Perdóname, Señor, Por Hacerte Llorar

David Wilkerson

Lucas 19 nos da una gran imagen de Jesús haciendo su entrada triunfal a Jerusalén. La imagen es de Cristo acercándose a la ciudad montado sobre un pollino en medio de alabanzas de una gran multitud. Comenzó en el monte de los Olivos, y a medida que se acercaba a la ciudad, la muchedumbre iba siendo mayor. Pronto, la gente estaba tendiendo sus mantos ante él, ondeando ramas de palmeras y gritando: “¡Él está aquí! La hora se ha cumplido para que llegue el rey de Israel. La paz ha venido sobre Jerusalén. Finalmente ¡el reino está aquí!”

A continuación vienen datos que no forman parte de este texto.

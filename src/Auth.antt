-- ===== src/Auth.antt =====
-- `AuthHandler` of `core/src/net/auth_handler.cpp`.
pub mod PasswordHash
pub mod Laws
pub mod Verifying
use computer_network_final_p.Base.{
  ℕ, ◌*◌, Bool, true, false, not, ◌||◌, Option, none, some, List, [], ◌∷◌, ◌++◌, length, ltb, ◌==◌,
  if◌then◌else◌, Result, ok, err, fault, text,
}
use computer_network_final_p.Base.Action.{Action, lift, pure, catch, ◌>>=◌}
use computer_network_final_p.Db.{Services}
use computer_network_final_p.Db.Users.{UserRow, create_user, get_user_by_username}
use computer_network_final_p.Db.Sessions.{create_session}
use computer_network_final_p.Protocol.RegisterReq.{RegisterReq}
use computer_network_final_p.Protocol.RegisterResp.{RegisterResp}
use computer_network_final_p.Protocol.LoginReq.{LoginReq}
use computer_network_final_p.Protocol.LoginResp.{LoginResp}
use PasswordHash.{HexReader, hash_password_pbkdf2, verify_password_pbkdf2}

-- `s.empty() || s.size() > most`.
unfoldable pub out_of_range : List ℕ → ℕ → Bool
out_of_range s most = (length s == 0) || ltb most (length s)

abbrev pub registration : Bool → List ℕ → RegisterResp
registration is_ok msg = record { is_ok = is_ok; msg = msg }

-- The body of the `try` block.
unfoldable pub create_account : (S : Services) → RegisterReq → Action S.State RegisterResp
create_account S r = do
  pass_hash ← hash_password_pbkdf2 S r.password 120000
  user_id ← create_user S r.username r.email pass_hash
  pure (registration true (text "user created successfully"))

unfoldable pub register_new :
    (S : Services) → RegisterReq → Option UserRow → Action S.State RegisterResp
unfolding out_of_range create_account
register_new S r (some existing) = pure (registration false (text "username already exists"))
register_new S r none =
    if out_of_range r.email 255
    then pure (registration false (text "email must be 1-255 characters"))
    else catch (create_account S r)
        λ what. registration false (text "registration failed: " ++ what)

unfoldable pub handle_register : (S : Services) → RegisterReq → Action S.State RegisterResp
unfolding out_of_range register_new
handle_register S r =
    if out_of_range r.username 64
    then pure (registration false (text "username must be 1-64 characters"))
    else if out_of_range r.password 128
    then pure (registration false (text "password must be 1-128 characters"))
    else (do existing ← get_user_by_username S r.username; register_new S r existing)

unfoldable pub refused : List ℕ → LoginResp
refused msg = record { is_ok = false; token = []; user_id = 0; username = []; msg = msg }

unfoldable pub open_session : (S : Services) → UserRow → Action S.State LoginResp
open_session S user = do
  token ← create_session S user.id (24 * 3600)
  pure (record {
    is_ok = true;
    token = token;
    user_id = user.id;
    username = user.username;
    msg = text "login successful";
  })

unfoldable pub login_verified : (S : Services) → UserRow → Bool → Action S.State LoginResp
unfolding open_session refused
login_verified S user false = pure (refused (text "invalid username or password"))
login_verified S user true =
    catch (open_session S user) λ what. refused (text "login failed: " ++ what)

unfoldable pub login_as :
    HexReader → (S : Services) → LoginReq → Option UserRow → Action S.State LoginResp
unfolding login_verified refused
login_as read S r none = pure (refused (text "invalid username or password"))
login_as read S r (some user) = do
  matches ← lift (verify_password_pbkdf2 read S r.password user.pass_hash)
  login_verified S user matches

unfoldable pub handle_login : HexReader → (S : Services) → LoginReq → Action S.State LoginResp
unfolding login_as refused
handle_login read S r =
    if (length r.username == 0) || (length r.password == 0)
    then pure (refused (text "username and password required"))
    else (do user ← get_user_by_username S r.username; login_as read S r user)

¿Por qué había tal regocijo, tales hosannas? Porque “ellos pensaban que el reino de Dios se manifestaría inmediatamente” (Lucas 19:11). En la mente de las personas, Jesús anunciaba la llegada del prometido “reino de Dios sobre la tierra”.
 
Pero lo anterior no significa que ellos confiaran en él como su Mesías. Su único pensamiento era que el reino de Dios había iniciado: “¡Adiós, régimen romano! No habrá más guerras, porque nuestro rey se levantará con espada y vencerá a todos nuestros enemigos. Veremos paz en Jerusalén y en Israel, sin más esclavitud ni escasez de alimento. Al fin Dios ha enviado a su esperado rey”.
 
Nadie en aquella escena habría esperado lo que ocurrió a continuación. Mientras Jesús descendía del monte y las multitudes le gritaban alabanzas, echó una mirada sobre Jerusalén y rompió en llanto. “Y cuando llegó cerca de la ciudad, al verla, lloró sobre ella” (Lucas 19:41). ¡Aquí está Dios mismo en carne y hueso, llorando!
 

El concepto de un Dios que llora es despreciable en la mente de los impíos: “¿Dios llorando? ¿Por qué alguien querría una deidad que muestre debilidad?”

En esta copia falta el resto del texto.